When he turns around to grab the kitchen towel by the sink, he spots me and grins as his eyes take in my pajamas. "Nice hoodie." His dimple pops in his cheek, and I tuck my wet hair behind my ear as I look down at it.

"Full disclosure, you're probably never going to get it back," I admit, burying my hands into the front pocket.

"That's fine." He grins. "It looks better on you anyway."

His gaze coasts down to my pajama shorts and fluffy socks, and my heart beats a little faster when he lingers on the short hem before looking back up to my face. He blinks a few times and then looks down at the kitchen towel in front of him.

"Dinner's ready." He clears his throat, turning away from me as he opens the cabinet to grab two plates. I bite back a smile at the realization that he's explored the kitchen enough to know where everything is. "You should go pick something for us to watch," he calls over his shoulder but keeps his eyes on the stove as he starts to load the plates up. He's blocking my view, so I can't tell what else he's made, but whatever it is, it smells delicious.

I scroll through Netflix until I land on one of the shows I've been meaning to start. Nia and Jenny both binge-watched it without me when it first came out, and it's been sitting on my to-watch list ever since.

"Okay, be careful it's hot." Tristan hands me the steaming plate and sets his own on the coffee table as he pulls two water bottles from under his arm. When he drops onto the couch beside me, I lift the knit blanket, inviting him to scoot closer. Once we're tucked in, I finally look down at the plate in my hands. Huge mountains of mac and cheese and mashed potatoes are piled onto the plate next to a steaming black bean veggie burger.

"Are you trying to feed an entire village?" I laugh, picking up my fork.

"Didn't know what vegetarians eat." He shrugs, scooping up a forkful of mashed potatoes. "So, I made you a bit of everything."

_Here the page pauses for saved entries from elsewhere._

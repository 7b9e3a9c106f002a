-- ===== src/Orchestration/Stores/Expiring.antt =====
-- src/orchestration/infrastructure/expiring_frozen_cache.py: a time to live for the entries of any
-- frozen cache. `now` is what the clock says during a call.
pub mod Laws
pub mod Runs
pub mod Lifetime
pub mod Inner
mod Tests
use ai_augmented_generation.Prelude.{
  ℕ, String, Bool, true, false, Option, none, some, leb, Eq, if◌then◌else◌,
}
use ai_augmented_generation.Prelude.Dict.{Dict, lookup, insert, remove}
use ai_augmented_generation.Orchestration.Stores.{Store}

-- `ExpiringFrozenCache`: `_inner`, and `_expiry`
pub record Expiring (K S : Type 0) : Type 0 where
  pub inner : S
  pub expiry : Dict K (Option ℕ)

-- `expires_at is None or self._clock() < expires_at`, negated
abbrev pub is_due : ℕ → Option (Option ℕ) → Bool
is_due now none = false
is_due now (some none) = false
is_due now (some (some expires_at)) = leb expires_at now

module _ {K S : Type 0} ⦃keys_eq : Eq K⦄ where
  -- `preload_until`, in its two parts: the expiry is recorded before the preload runs, and other
  -- calls may come between.
  unfoldable pub begin_preload : Expiring K S → K → Option ℕ → Expiring K S
  begin_preload c k expires_at = record c { expiry = insert k expires_at c.expiry }

  -- `renew`, past the check of the expiry
  pub renew_present : Expiring K S → K → Option ℕ → S × Bool → Expiring K S × Bool
  renew_present c k expires_at (s, false) = (record c { inner = s }, false)
  renew_present c k expires_at (s, true) =
      (record { inner = s; expiry = insert k expires_at c.expiry }, true)

module _ {K S H : Type 0} ⦃keys_eq : Eq K⦄ (store : Store K S H) where
  -- `_expire_if_due`
  unfoldable pub expire_if_due : ℕ → Expiring K S → K → Expiring K S × Bool
  expire_if_due now c k =
      if is_due now (lookup k c.expiry)
      then (record { inner = store.evict c.inner k; expiry = remove k c.expiry }, true)
      else (c, false)

  unfoldable pub finish_preload : Expiring K S → K → String → Expiring K S
  finish_preload c k content = record c { inner = store.preload c.inner k content }

  unfoldable pub preload_until : Expiring K S → K → String → Option ℕ → Expiring K S
  preload_until c k content expires_at = finish_preload (begin_preload c k expires_at) k content

  pub preload : Expiring K S → K → String → Expiring K S
  preload c k content = preload_until c k content none

  -- `renew`, `lookup` and `contains`, once what is due is dropped
  pub renew_kept : K → Option ℕ → Expiring K S × Bool → Expiring K S × Bool
  renew_kept k expires_at (c, true) = (c, false)
  renew_kept k expires_at (c, false) = renew_present c k expires_at (store.contains c.inner k)

  pub renew : ℕ → Expiring K S → K → Option ℕ → Expiring K S × Bool
  renew now c k expires_at = renew_kept k expires_at (expire_if_due now c k)

  pub lookup_kept : K → Expiring K S × Bool → Expiring K S × Option H
  lookup_kept k (c, true) = (c, none)
  lookup_kept k (c, false) =
      let (s, found) = store.lookup c.inner k in (record c { inner = s }, found)

  pub find : ℕ → Expiring K S → K → Expiring K S × Option H
  find now c k = lookup_kept k (expire_if_due now c k)

  unfoldable pub evict : Expiring K S → K → Expiring K S
  evict c k = record { inner = store.evict c.inner k; expiry = remove k c.expiry }

  unfoldable pub contains_kept : K → Expiring K S × Bool → Expiring K S × Bool
  contains_kept k (c, true) = (c, false)
  contains_kept k (c, false) =
      let (s, found) = store.contains c.inner k in (record c { inner = s }, found)

  unfoldable pub contains : ℕ → Expiring K S → K → Expiring K S × Bool
  contains now c k = contains_kept k (expire_if_due now c k)

  -- The expiring cache as a frozen cache, while the clock says `now`.
  abbrev pub expiring_store : ℕ → Store K (Expiring K S) H
  expiring_store now = record {
    preload = preload;
    lookup = find now;
    evict = evict;
    contains = contains now;
  }
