-- ===== src/Orchestration/Sources/Ingestion.antt =====
-- src/orchestration/application/ingest_data_source.py, over the tables, RAG's index, an expiring
-- cache and the warmed memo. A call that fails is a `Fault`. The embedding that the memo stores is
-- left out. The expiring cache reads its own clock in the source; here it reads the time of the
-- call.
pub mod Changes
pub mod Effects
pub mod Fresh
mod Known
pub mod Rows
pub mod Marks
pub mod Consistency
pub mod Tests
use ai_augmented_generation.Prelude.{
  ℕ, ◌+◌, String, Bool, true, false, not, ◌&&◌, ◌||◌, Option, none, some, List, [], ◌∷◌, ◌++◌, Eq,
  nat_eq, string_eq, pair_eq, ◌==◌, leb, if◌then◌else◌, Outcome, ok, raise, value_error,
  runtime_error, scope_mismatch,
}
use ai_augmented_generation.Prelude.Dict.{Dict, lookup, insert, remove}
use ai_augmented_generation.Orchestration.Stores.{Store, is_some}
use ai_augmented_generation.Orchestration.Stores.Expiring.{
  Expiring, renew, preload_until, evict, contains,
}
use ai_augmented_generation.Orchestration.Freshness.{
  SourceScope, tenant, user, IngestionRoute, rag_only, cag_with_rag_backup, mag, DataSourceProfile,
  FreshnessPolicy, DataSource, MigrationDecision, cache_ttl, decide_migration,
}
use ai_augmented_generation.Orchestration.Sources.{
  Tables, SourceVersion, get, save, mark_pending, record_cached_until, migrate, version_times,
  current_content, is_null,
}

pub record IngestionResult (Uuid : Type 0) : Type 0 where
  pub source_id : Uuid
  pub route : IngestionRoute
  pub changed : Bool

-- What the use cases act on. `rag` is the one document of a source, `warmed` the memo of
-- CacheWarmedRetrieve, and `facts` what was given to the fact writer.
pub record World (Uuid S : Type 0) : Type 0 where
  pub tables : Tables Uuid
  pub rag : Dict (ℕ × Uuid) String
  pub cache : Expiring (ℕ × Uuid) S
  pub warmed : Dict (ℕ × Uuid) String
  pub facts : List (ℕ × (ℕ × (String × String)))

-- A call on the way that raises: mark_pending; an effect of the route, with what it left of RAG's
-- document and whether the cached copy is evicted by then; or save.
pub data Fault : Type 0 where
  nothing_fails mark_fails save_fails : Fault
  effects_fail : Option String → Bool → Fault

abbrev pub is_mag : IngestionRoute → Bool
is_mag mag = true
is_mag rag_only = false
is_mag cag_with_rag_backup = false

abbrev pub is_user : SourceScope → Bool
is_user user = true
is_user tenant = false

abbrev pub agree : Bool → Bool → Bool
agree true b = b
agree false b = not b

-- What the use cases are given: `uuid5` over the key of a source, the hash, `timedelta * float`,
-- the policies, and the flag.
pub record Settings (Uuid F : Type 0) : Type 0 where
  pub source_id_for : ℕ → String → Option ℕ → Uuid
  pub content_hash : String → String
  pub scale : ℕ → F → ℕ
  pub policy : FreshnessPolicy F
  pub route_policy : DataSourceProfile → FreshnessPolicy F → IngestionRoute
  pub permit_user_scope_outside_mag : Bool

module _ {Uuid F S H : Type 0} ⦃ids : Eq Uuid⦄ (settings : Settings Uuid F)
    (store : Store (ℕ × Uuid) S H) where
  -- `now + ttl`
  abbrev pub expiry_after : ℕ → Option ℕ → Option ℕ
  expiry_after now none = none
  expiry_after now (some ttl) = some (now + ttl)

  unfoldable pub expires_at : DataSource Uuid → ℕ → Option ℕ
  expires_at source from =
      expiry_after from (cache_ttl settings.scale source.expected_change_interval settings.policy)

  abbrev pub replace : World Uuid S → ℕ → Uuid → String → World Uuid S
  replace w tenant_id i content = record w { rag = insert (tenant_id, i) content w.rag }

  -- `cache.evict` and `warmed.forget`
  unfoldable pub drop_cached : World Uuid S → ℕ → Uuid → World Uuid S
  drop_cached w tenant_id i = record w {
    cache = evict store w.cache (tenant_id, i);
    warmed = remove (tenant_id, i) w.warmed;
  }

  abbrev pub write_fact : World Uuid S → DataSource Uuid → String → Option ℕ → World Uuid S
  write_fact w source content none = w
  write_fact w source content (some user_id) = record w {
    facts = w.facts ++ (source.tenant_id, (user_id, (source.source_key, content))) ∷ [];
  }

  pub renew_cached : World Uuid S → DataSource Uuid → ℕ → World Uuid S × Option ℕ
  renew_cached w source now =
      let until = expires_at source now in
      let (cache, renewed) = renew store now w.cache (source.tenant_id, source.id) until in
      (record w { cache = cache }, if renewed then until else none)

  -- `_apply_route`
  unfoldable pub apply_route :
      World Uuid S → DataSource Uuid → String → Bool → ℕ → IngestionRoute → World Uuid S × Option ℕ
  apply_route w source content reapply now mag =
      (if reapply then write_fact w source content source.user_id else w, none)
  apply_route w source content reapply now rag_only =
      (if reapply then replace w source.tenant_id source.id content else w, none)
  apply_route w source content true now cag_with_rag_backup =
      (drop_cached (replace w source.tenant_id source.id content) source.tenant_id source.id, none)
  apply_route w source content false now cag_with_rag_backup = renew_cached w source now

  abbrev pub left_in : Dict (ℕ × Uuid) String → ℕ × Uuid → Option String → Dict (ℕ × Uuid) String
  left_in rag k none = remove k rag
  left_in rag k (some content) = insert k content rag

  -- The effects of a route, broken off.
  unfoldable pub break_off :
      World Uuid S → DataSource Uuid → Option String → Bool → IngestionRoute → World Uuid S
  break_off w source left evicted mag = w
  break_off w source left evicted rag_only = record w {
    rag = left_in w.rag (source.tenant_id, source.id) left;
  }
  break_off w source left evicted cag_with_rag_backup =
      let w' = record w { rag = left_in w.rag (source.tenant_id, source.id) left } in
      if evicted then drop_cached w' source.tenant_id source.id else w'

  abbrev pub version_of : DataSource Uuid → String → Bool → Option (SourceVersion Uuid)
  version_of source content false = none
  version_of source content true = some (record {
    data_source_id = source.id;
    tenant_id = source.tenant_id;
    content_hash = source.content_hash;
    content = if is_mag source.route then none else some content;
    ingested_at = source.last_changed_at;
  })

  -- the end of `execute`, past the marking
  unfoldable pub finish :
      World Uuid S
      → DataSource Uuid
      → String
      → Bool
      → Bool
      → ℕ
      → Fault
      → World Uuid S × Outcome (IngestionResult Uuid)
  finish w source content changed reapply now (effects_fail left evicted) =
      (if reapply then break_off w source left evicted source.route else w, raise runtime_error)
  finish w source content changed reapply now save_fails =
      ((apply_route w source content reapply now source.route).0, raise runtime_error)
  finish w source content changed reapply now _ =
      let (w', until) = apply_route w source content reapply now source.route in
      (
        record w' {
          tables =
              save w'.tables (record source { cached_until = until })
                (version_of source content changed);
        },
        ok (record { source_id = source.id; route = source.route; changed = changed }),
      )

  abbrev pub fails_to_mark : Fault → Bool
  fails_to_mark mark_fails = true
  fails_to_mark nothing_fails = false
  fails_to_mark save_fails = false
  fails_to_mark (effects_fail left evicted) = false

  unfoldable pub ingest_known :
      World Uuid S
      → DataSource Uuid
      → String
      → ℕ
      → Fault
      → World Uuid S × Outcome (IngestionResult Uuid)
  ingest_known w existing content now fault =
      let digest = settings.content_hash content in
      let changed = not (existing.content_hash == digest) in
      let reapply = changed || not (is_null existing.pending_hash) in
      let source = record existing {
        content_hash = digest;
        last_ingested_at = now;
        last_changed_at = if changed then now else existing.last_changed_at;
        pending_hash = none;
      } in
      if reapply
      then (if fails_to_mark fault
          then (w, raise runtime_error)
          else finish
              (record w { tables = mark_pending w.tables source.tenant_id existing.id digest })
              source content changed true now fault)
      else finish w source content changed false now fault

  -- `_new_source`
  unfoldable pub new_source :
      ℕ → DataSourceProfile → String → ℕ → Option ℕ → Outcome (DataSource Uuid)
  new_source tenant_id profile digest now user_id =
      let route = settings.route_policy profile settings.policy in
      if is_mag route && not (is_user profile.scope)
      then raise value_error
      else if is_user profile.scope
          && not (is_mag route)
          && not settings.permit_user_scope_outside_mag
      then raise value_error
      else ok (record {
        id = settings.source_id_for tenant_id profile.source_key user_id;
        tenant_id = tenant_id;
        user_id = user_id;
        source_key = profile.source_key;
        scope = profile.scope;
        expected_change_interval = profile.expected_change_interval;
        route = route;
        content_hash = digest;
        last_changed_at = now;
        last_ingested_at = now;
        cached_until = none;
        pending_hash = none;
      })

  abbrev pub ingest_new :
      World Uuid S
      → String
      → ℕ
      → Fault
      → Outcome (DataSource Uuid)
      → World Uuid S × Outcome (IngestionResult Uuid)
  ingest_new w content now fault (raise e) = (w, raise e)
  ingest_new w content now fault (ok source) = finish w source content true true now fault

  unfoldable pub ingest_found :
      World Uuid S
      → ℕ
      → DataSourceProfile
      → String
      → ℕ
      → Option ℕ
      → Fault
      → Option (DataSource Uuid)
      → World Uuid S × Outcome (IngestionResult Uuid)
  ingest_found w tenant_id profile content now user_id fault none =
      ingest_new w content now fault
        (new_source tenant_id profile (settings.content_hash content) now user_id)
  ingest_found w tenant_id profile content now user_id fault (some existing) =
      ingest_known w existing content now fault

  -- `IngestDataSource.execute`
  unfoldable pub ingest :
      World Uuid S
      → ℕ
      → DataSourceProfile
      → String
      → ℕ
      → Option ℕ
      → Fault
      → World Uuid S × Outcome (IngestionResult Uuid)
  ingest w tenant_id profile content now user_id fault =
      if agree (is_user profile.scope) (is_some user_id)
      then ingest_found w tenant_id profile content now user_id fault
          (get w.tables tenant_id profile.source_key user_id)
      else (w, raise scope_mismatch)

I look back down at the plate and smile at the thought of him standing in front of the pantry, trying to figure out what to cook.

"So, what are we watching tonight, Ryan? Please, for the love of God, do not make me watch Love Island," he pleads between bites of mac and cheese.

I elbow him lightly as I click onto the show. The first scene of Stranger Things begins to play, and I pull my legs up to settle deeper into the couch as I take my first bite of food. He's so close that my entire right side is pressed against him, and if I tilted my head the slightest bit, it would be resting against his shoulder.

"I've heard good things about this. Micah wouldn't shut up about it when it came out," he says as we watch someone in a lab get chased down a hallway.

By the time the first episode ends, we're both done with dinner, and he reaches over to grab my plate and set it down on the coffee table before pressing play on the second episode. Only this time, he raises his arm when he leans back into the couch, and I don't hesitate for a second to nuzzle into his side as his arms come down around me. Halfway through the second episode, my eyes start to flutter shut as his thumb traces slow, rhythmic circles on my bare thigh, and while the soft motion eases any remaining stress from the day, I drift off in his arms for the second time this month.